I am trying to manipulate a nested data structure containing lists of items. After tricking me with various approaches, I finally settled on lenses as the best way to do this. They work great for finding and modifying certain structural elements, but so far I don’t understand how to add new elements.

From what I read, I cannot technically use Traversal, since it violates the laws of Traversal to insert a new item into the list, and suggesting that I could even figure out how to do this using Traversal in the first place (I still it's pretty weak with Haskell, and type signatures for most things in the lens package make my head spin).

In particular, what I'm trying to do is find some element in the list of elements that matches a particular selector, and then insert a new element either before or after the matched element (another function argument before or after the match). Does Control.Lens already have something that can accomplish what I'm trying to do, and my understanding of type signatures is too weak to see this? Is there a better way to accomplish what I'm trying to do?

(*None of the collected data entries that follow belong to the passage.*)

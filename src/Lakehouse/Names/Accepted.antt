-- ===== src/Lakehouse/Names/Accepted.antt =====
-- The table names that lakehouse/exporter.py accepts.
use Prim.Native.Char.{Char}
use text.Mathlib.TextEquality.{Char-path}
use Prim.Native.String.{◌++◌ as ◌<>◌}
use Prim.Native.String.append.{nil, cons}
use crypto_streaming_lakehou.Base.{
  String, true, ok, ◌≡◌, refl, ap, sym, ◌∙◌, ◌⊎◌, inl, inr, ◌↔◌, arith, Bool-cases,
}
use crypto_streaming_lakehou.Lakehouse.Names.{
  is_letter, is_word, at_end, matches_rest, matches, validate_table_name,
}

-- Letters, digits and underscores only.
abbrev pub IsWord : String → Type 0
IsWord String.[] = Unit
IsWord (String.◌∷◌ c s) = (is_word c ≡ true) × IsWord s

-- Such a text that starts with no digit and is not empty.
abbrev pub IsName : String → Type 0
IsName String.[] = ⊥
IsName (String.◌∷◌ c s) = (is_letter c ≡ true) × IsWord s

abbrev newline : String
newline = "\n"

-- A text with the property, or one before a final newline.
abbrev pub Ending : (String → Type 0) → String → Type 0
Ending P t = P t ⊎ ((s : String) × P s × (t ≡ s <> newline))

longer :
    (c : Char) (s : String) → is_word c ≡ true → Ending IsWord s → Ending IsWord (String.◌∷◌ c s)
longer c s w (inl h) = inl (w, h)
longer c s w (inr (r, h, e)) =
    inr (String.◌∷◌ c r, (w, h), ap (String.◌∷◌ c) e ∙ sym (cons c r newline))

ended : (c : Char) (s : String) → at_end (String.◌∷◌ c s) ≡ true → Ending IsWord (String.◌∷◌ c s)
ended c String.[] h = inr (
  String.[],
  tt,
  ap (λ d. String.◌∷◌ d String.[]) (Char-path c "\n" (ground (arith))) ∙ sym (nil newline),
)
ended c (String.◌∷◌ d s) h = cc

matches_rest-Ending : (s : String) → matches_rest s ≡ true → Ending IsWord s
unfolding matches_rest
matches_rest-Ending String.[] h = inl tt
matches_rest-Ending (String.◌∷◌ c s) h = elim (Bool-cases (is_word c)) [
  | inl w ↦ longer c s w (matches_rest-Ending s (rw w at h))
  | inr n ↦ ended c s (rw n at h)
]

accepted : (t : String) → matches t ≡ true → Ending IsName t
unfolding matches
accepted String.[] h = cc
accepted (String.◌∷◌ c s) h = named c s (ground arith) (matches_rest-Ending s (ground arith))
  where
    named :
        (c : Char) (s : String)
        → is_letter c ≡ true
        → Ending IsWord s
        → Ending IsName (String.◌∷◌ c s)
    named c s l (inl w) = inl (l, w)
    named c s l (inr (r, w, e)) =
        inr (String.◌∷◌ c r, (l, w), ap (String.◌∷◌ c) e ∙ sym (cons c r newline))

matches_rest_of_word : (s : String) → IsWord s → matches_rest s ≡ true
unfolding matches_rest
matches_rest_of_word String.[] _ = refl
matches_rest_of_word (String.◌∷◌ c s) (w, h) = rw w (matches_rest_of_word s h)

matches_rest-newline : (s : String) → IsWord s → matches_rest (s <> newline) ≡ true
unfolding matches_rest
matches_rest-newline String.[] _ = refl
matches_rest-newline (String.◌∷◌ c s) (w, h) = rw (cons, w) (matches_rest-newline s h)

matches_of_name : (t : String) → IsName t → matches t ≡ true
unfolding matches
matches_of_name String.[] h = elim h [ ]
matches_of_name (String.◌∷◌ c s) (l, h) = rw (l, matches_rest_of_word s h) refl

matches-newline : (t : String) → IsName t → matches (t <> newline) ≡ true
unfolding matches
matches-newline String.[] h = elim h [ ]
matches-newline (String.◌∷◌ c s) (l, h) = rw (cons, l, matches_rest-newline s h) refl

valid : (t : String) → Ending IsName t → matches t ≡ true
valid t (inl h) = matches_of_name t h
valid t (inr (s, h, e)) = rw e (matches-newline s h)

accepts : (t : String) → validate_table_name t ≡ ok tt → matches t ≡ true
unfolding validate_table_name
accepts t h = ground arith

-- A table name is accepted exactly when it is made of ASCII letters, digits and underscores and
-- does not start with a digit, or is such a name followed by one newline.
pub validate_table_name-accepts :
    (t : String)
    → (validate_table_name t ≡ ok tt) ↔ (IsName t ⊎ ((s : String) × IsName s × (t ≡ s <> newline)))
unfolding validate_table_name
validate_table_name-accepts t = (λ h. accepted t (accepts t h), λ h. rw (valid t h) refl)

It would be rather trivial if I were just trying to add a new element either to the beginning or to the end of the list, but its difficult part is a place somewhere somewhere in between. In some of the pre-object codes that I wrote, I used the fold to accomplish what I wanted, but it began to push into more deeply nested parts of the structure (EG - fold inside the fold inside the fold), so I turned to Control. Lens to try to unravel some of these riots.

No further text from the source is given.